## REQUIRED WORK
The entries follow. Please return all of them exactly.

═════ RECORDS FOR THIS EXERCISE ═════

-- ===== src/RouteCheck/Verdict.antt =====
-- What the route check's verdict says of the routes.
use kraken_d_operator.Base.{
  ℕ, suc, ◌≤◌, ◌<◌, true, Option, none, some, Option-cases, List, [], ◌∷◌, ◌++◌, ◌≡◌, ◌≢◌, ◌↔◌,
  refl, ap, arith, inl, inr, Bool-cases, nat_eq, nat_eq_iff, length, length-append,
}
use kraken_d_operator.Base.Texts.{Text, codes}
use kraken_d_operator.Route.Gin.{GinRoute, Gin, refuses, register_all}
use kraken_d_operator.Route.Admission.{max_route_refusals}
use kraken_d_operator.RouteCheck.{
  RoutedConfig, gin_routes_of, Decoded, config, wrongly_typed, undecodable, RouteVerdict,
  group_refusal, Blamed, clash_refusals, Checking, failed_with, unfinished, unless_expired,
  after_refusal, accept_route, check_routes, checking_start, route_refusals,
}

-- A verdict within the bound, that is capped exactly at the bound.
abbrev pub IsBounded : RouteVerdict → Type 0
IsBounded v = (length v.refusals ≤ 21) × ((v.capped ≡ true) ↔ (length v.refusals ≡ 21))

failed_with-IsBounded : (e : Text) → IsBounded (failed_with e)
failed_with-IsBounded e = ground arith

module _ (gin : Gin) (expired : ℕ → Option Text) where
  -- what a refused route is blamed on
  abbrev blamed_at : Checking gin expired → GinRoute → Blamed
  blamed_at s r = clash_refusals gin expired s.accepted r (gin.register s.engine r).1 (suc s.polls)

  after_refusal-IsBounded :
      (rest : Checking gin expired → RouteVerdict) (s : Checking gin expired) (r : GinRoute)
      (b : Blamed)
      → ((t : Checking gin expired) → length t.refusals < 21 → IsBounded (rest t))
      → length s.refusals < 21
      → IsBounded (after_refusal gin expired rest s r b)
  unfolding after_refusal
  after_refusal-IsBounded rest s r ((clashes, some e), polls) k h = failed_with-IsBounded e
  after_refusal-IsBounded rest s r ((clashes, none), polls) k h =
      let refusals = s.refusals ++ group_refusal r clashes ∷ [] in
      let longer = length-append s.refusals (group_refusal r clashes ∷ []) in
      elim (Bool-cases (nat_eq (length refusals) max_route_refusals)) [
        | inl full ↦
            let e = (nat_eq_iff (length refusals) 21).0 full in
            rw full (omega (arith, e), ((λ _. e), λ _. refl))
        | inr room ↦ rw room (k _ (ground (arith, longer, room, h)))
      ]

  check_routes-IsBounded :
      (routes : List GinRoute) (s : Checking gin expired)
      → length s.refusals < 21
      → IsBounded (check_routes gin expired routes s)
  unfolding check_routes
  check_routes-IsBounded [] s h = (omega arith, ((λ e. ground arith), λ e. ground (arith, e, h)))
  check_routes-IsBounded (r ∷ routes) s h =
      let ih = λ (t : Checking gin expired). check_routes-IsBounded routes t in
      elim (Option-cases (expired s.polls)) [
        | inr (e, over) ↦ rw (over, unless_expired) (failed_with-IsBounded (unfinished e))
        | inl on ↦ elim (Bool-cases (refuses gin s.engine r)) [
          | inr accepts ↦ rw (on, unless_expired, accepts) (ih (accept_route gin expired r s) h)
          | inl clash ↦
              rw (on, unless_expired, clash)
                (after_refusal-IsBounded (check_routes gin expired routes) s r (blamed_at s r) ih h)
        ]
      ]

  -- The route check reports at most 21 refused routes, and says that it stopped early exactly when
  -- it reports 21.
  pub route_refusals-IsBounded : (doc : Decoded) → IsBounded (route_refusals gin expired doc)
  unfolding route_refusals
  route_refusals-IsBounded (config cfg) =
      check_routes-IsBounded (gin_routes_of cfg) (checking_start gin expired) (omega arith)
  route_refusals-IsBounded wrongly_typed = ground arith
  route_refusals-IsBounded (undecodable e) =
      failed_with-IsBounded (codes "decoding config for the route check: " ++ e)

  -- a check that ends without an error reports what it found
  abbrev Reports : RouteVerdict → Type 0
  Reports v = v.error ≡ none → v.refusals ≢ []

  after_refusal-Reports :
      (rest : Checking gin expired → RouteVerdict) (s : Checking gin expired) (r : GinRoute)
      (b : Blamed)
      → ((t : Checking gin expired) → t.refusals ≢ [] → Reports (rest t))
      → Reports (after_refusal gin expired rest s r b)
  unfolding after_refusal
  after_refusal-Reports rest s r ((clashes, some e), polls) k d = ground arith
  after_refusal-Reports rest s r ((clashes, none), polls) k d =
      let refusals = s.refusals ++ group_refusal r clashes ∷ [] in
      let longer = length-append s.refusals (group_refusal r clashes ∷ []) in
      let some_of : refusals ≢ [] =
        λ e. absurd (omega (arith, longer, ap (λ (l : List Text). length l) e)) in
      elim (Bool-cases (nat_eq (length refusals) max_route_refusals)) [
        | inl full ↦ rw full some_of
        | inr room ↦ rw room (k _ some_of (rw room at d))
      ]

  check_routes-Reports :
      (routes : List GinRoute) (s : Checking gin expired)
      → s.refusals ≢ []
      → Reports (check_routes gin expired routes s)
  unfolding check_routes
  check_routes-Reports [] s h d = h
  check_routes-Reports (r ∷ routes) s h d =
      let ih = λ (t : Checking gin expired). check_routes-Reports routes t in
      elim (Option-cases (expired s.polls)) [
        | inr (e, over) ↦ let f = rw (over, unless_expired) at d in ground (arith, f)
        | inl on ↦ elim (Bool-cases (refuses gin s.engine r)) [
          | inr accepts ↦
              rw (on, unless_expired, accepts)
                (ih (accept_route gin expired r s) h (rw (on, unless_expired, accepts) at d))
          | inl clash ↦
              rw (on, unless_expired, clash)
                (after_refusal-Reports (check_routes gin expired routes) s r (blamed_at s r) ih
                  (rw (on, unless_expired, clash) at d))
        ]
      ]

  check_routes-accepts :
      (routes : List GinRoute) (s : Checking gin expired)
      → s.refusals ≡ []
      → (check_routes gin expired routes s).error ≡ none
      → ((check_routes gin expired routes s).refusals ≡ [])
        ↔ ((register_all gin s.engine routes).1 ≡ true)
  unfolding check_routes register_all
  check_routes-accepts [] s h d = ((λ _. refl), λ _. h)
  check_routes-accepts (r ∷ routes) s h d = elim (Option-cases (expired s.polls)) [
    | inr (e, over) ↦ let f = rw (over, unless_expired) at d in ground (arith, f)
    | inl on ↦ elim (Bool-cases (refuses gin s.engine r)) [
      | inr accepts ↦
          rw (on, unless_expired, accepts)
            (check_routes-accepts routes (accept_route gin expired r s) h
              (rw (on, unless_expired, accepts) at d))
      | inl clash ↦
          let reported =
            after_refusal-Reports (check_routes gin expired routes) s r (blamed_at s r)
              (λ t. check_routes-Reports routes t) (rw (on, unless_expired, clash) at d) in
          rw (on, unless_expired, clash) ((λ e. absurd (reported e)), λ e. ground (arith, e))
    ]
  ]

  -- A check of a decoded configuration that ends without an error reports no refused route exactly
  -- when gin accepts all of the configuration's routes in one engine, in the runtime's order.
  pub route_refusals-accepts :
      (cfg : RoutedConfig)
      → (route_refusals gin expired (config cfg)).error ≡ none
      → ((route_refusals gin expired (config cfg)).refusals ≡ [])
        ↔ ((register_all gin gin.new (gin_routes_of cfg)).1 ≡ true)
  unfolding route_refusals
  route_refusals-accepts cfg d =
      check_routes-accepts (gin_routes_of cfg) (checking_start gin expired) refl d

═════

## RESULT FOR THIS TASK
-- ===== src/RouteCheck/Verdict.antt =====
-- What the route check's verdict says of the routes.
use kraken_d_operator.Base.{
  ℕ, suc, ◌≤◌, ◌<◌, true, Option, none, some, Option-cases, List, [], ◌∷◌, ◌++◌, ◌≡◌, ◌≢◌, ◌↔◌,
  refl, ap, arith, inl, inr, Bool-cases, nat_eq, nat_eq_iff, length, length-append,
}
use kraken_d_operator.Base.Texts.{Text, codes}
use kraken_d_operator.Route.Gin.{GinRoute, Gin, refuses, register_all}
use kraken_d_operator.Route.Admission.{max_route_refusals}
use kraken_d_operator.RouteCheck.{
  RoutedConfig, gin_routes_of, Decoded, config, wrongly_typed, undecodable, RouteVerdict,
  group_refusal, Blamed, clash_refusals, Checking, failed_with, unfinished, unless_expired,
  after_refusal, accept_route, check_routes, checking_start, route_refusals,
}

-- A verdict within the bound, that is capped exactly at the bound.
abbrev pub IsBounded : RouteVerdict → Type 0
IsBounded v = (length v.refusals ≤ 21) × ((v.capped ≡ true) ↔ (length v.refusals ≡ 21))

failed_with-IsBounded : (e : Text) → IsBounded (failed_with e)
failed_with-IsBounded e = ground arith

module _ (gin : Gin) (expired : ℕ → Option Text) where
  -- what a refused route is blamed on
  abbrev blamed_at : Checking gin expired → GinRoute → Blamed
  blamed_at s r = clash_refusals gin expired s.accepted r (gin.register s.engine r).1 (suc s.polls)

  after_refusal-IsBounded :
      (rest : Checking gin expired → RouteVerdict) (s : Checking gin expired) (r : GinRoute)
      (b : Blamed)
      → ((t : Checking gin expired) → length t.refusals < 21 → IsBounded (rest t))
      → length s.refusals < 21
      → IsBounded (after_refusal gin expired rest s r b)
  unfolding after_refusal
  after_refusal-IsBounded rest s r ((clashes, some e), polls) k h = failed_with-IsBounded e
  after_refusal-IsBounded rest s r ((clashes, none), polls) k h =
      let refusals = s.refusals ++ group_refusal r clashes ∷ [] in
      let longer = length-append s.refusals (group_refusal r clashes ∷ []) in
      elim (Bool-cases (nat_eq (length refusals) max_route_refusals)) [
        | inl full ↦
            let e = (nat_eq_iff (length refusals) 21).0 full in
            rw full (omega (arith, e), ((λ _. e), λ _. refl))
        | inr room ↦ rw room (k _ (ground (arith, longer, room, h)))
      ]

  check_routes-IsBounded :
      (routes : List GinRoute) (s : Checking gin expired)
      → length s.refusals < 21
      → IsBounded (check_routes gin expired routes s)
  unfolding check_routes
  check_routes-IsBounded [] s h = (omega arith, ((λ e. ground arith), λ e. ground (arith, e, h)))
  check_routes-IsBounded (r ∷ routes) s h =
      let ih = λ (t : Checking gin expired). check_routes-IsBounded routes t in
      elim (Option-cases (expired s.polls)) [
        | inr (e, over) ↦ rw (over, unless_expired) (failed_with-IsBounded (unfinished e))
        | inl on ↦ elim (Bool-cases (refuses gin s.engine r)) [
          | inr accepts ↦ rw (on, unless_expired, accepts) (ih (accept_route gin expired r s) h)
          | inl clash ↦
              rw (on, unless_expired, clash)
                (after_refusal-IsBounded (check_routes gin expired routes) s r (blamed_at s r) ih h)
        ]
      ]

  -- The route check reports at most 21 refused routes, and says that it stopped early exactly when
  -- it reports 21.
  pub route_refusals-IsBounded : (doc : Decoded) → IsBounded (route_refusals gin expired doc)
  unfolding route_refusals
  route_refusals-IsBounded (config cfg) =
      check_routes-IsBounded (gin_routes_of cfg) (checking_start gin expired) (omega arith)
  route_refusals-IsBounded wrongly_typed = ground arith
  route_refusals-IsBounded (undecodable e) =
      failed_with-IsBounded (codes "decoding config for the route check: " ++ e)

  -- a check that ends without an error reports what it found
  abbrev Reports : RouteVerdict → Type 0
  Reports v = v.error ≡ none → v.refusals ≢ []

  after_refusal-Reports :
      (rest : Checking gin expired → RouteVerdict) (s : Checking gin expired) (r : GinRoute)
      (b : Blamed)
      → ((t : Checking gin expired) → t.refusals ≢ [] → Reports (rest t))
      → Reports (after_refusal gin expired rest s r b)
  unfolding after_refusal
  after_refusal-Reports rest s r ((clashes, some e), polls) k d = ground arith
  after_refusal-Reports rest s r ((clashes, none), polls) k d =
      let refusals = s.refusals ++ group_refusal r clashes ∷ [] in
      let longer = length-append s.refusals (group_refusal r clashes ∷ []) in
      let some_of : refusals ≢ [] =
        λ e. absurd (omega (arith, longer, ap (λ (l : List Text). length l) e)) in
      elim (Bool-cases (nat_eq (length refusals) max_route_refusals)) [
        | inl full ↦ rw full some_of
        | inr room ↦ rw room (k _ some_of (rw room at d))
      ]

  check_routes-Reports :
      (routes : List GinRoute) (s : Checking gin expired)
      → s.refusals ≢ []
      → Reports (check_routes gin expired routes s)
  unfolding check_routes
  check_routes-Reports [] s h d = h
  check_routes-Reports (r ∷ routes) s h d =
      let ih = λ (t : Checking gin expired). check_routes-Reports routes t in
      elim (Option-cases (expired s.polls)) [
        | inr (e, over) ↦ let f = rw (over, unless_expired) at d in ground (arith, f)
        | inl on ↦ elim (Bool-cases (refuses gin s.engine r)) [
          | inr accepts ↦
              rw (on, unless_expired, accepts)
                (ih (accept_route gin expired r s) h (rw (on, unless_expired, accepts) at d))
          | inl clash ↦
              rw (on, unless_expired, clash)
                (after_refusal-Reports (check_routes gin expired routes) s r (blamed_at s r) ih
                  (rw (on, unless_expired, clash) at d))
        ]
      ]

  check_routes-accepts :
      (routes : List GinRoute) (s : Checking gin expired)
      → s.refusals ≡ []
      → (check_routes gin expired routes s).error ≡ none
      → ((check_routes gin expired routes s).refusals ≡ [])
        ↔ ((register_all gin s.engine routes).1 ≡ true)
  unfolding check_routes register_all
  check_routes-accepts [] s h d = ((λ _. refl), λ _. h)
  check_routes-accepts (r ∷ routes) s h d = elim (Option-cases (expired s.polls)) [
    | inr (e, over) ↦ let f = rw (over, unless_expired) at d in ground (arith, f)
    | inl on ↦ elim (Bool-cases (refuses gin s.engine r)) [
      | inr accepts ↦
          rw (on, unless_expired, accepts)
            (check_routes-accepts routes (accept_route gin expired r s) h
              (rw (on, unless_expired, accepts) at d))
      | inl clash ↦
          let reported =
            after_refusal-Reports (check_routes gin expired routes) s r (blamed_at s r)
              (λ t. check_routes-Reports routes t) (rw (on, unless_expired, clash) at d) in
          rw (on, unless_expired, clash) ((λ e. absurd (reported e)), λ e. ground (arith, e))
    ]
  ]

  -- A check of a decoded configuration that ends without an error reports no refused route exactly
  -- when gin accepts all of the configuration's routes in one engine, in the runtime's order.
  pub route_refusals-accepts :
      (cfg : RoutedConfig)
      → (route_refusals gin expired (config cfg)).error ≡ none
      → ((route_refusals gin expired (config cfg)).refusals ≡ [])
        ↔ ((register_all gin gin.new (gin_routes_of cfg)).1 ≡ true)
  unfolding route_refusals
  route_refusals-accepts cfg d =
      check_routes-accepts (gin_routes_of cfg) (checking_start gin expired) refl d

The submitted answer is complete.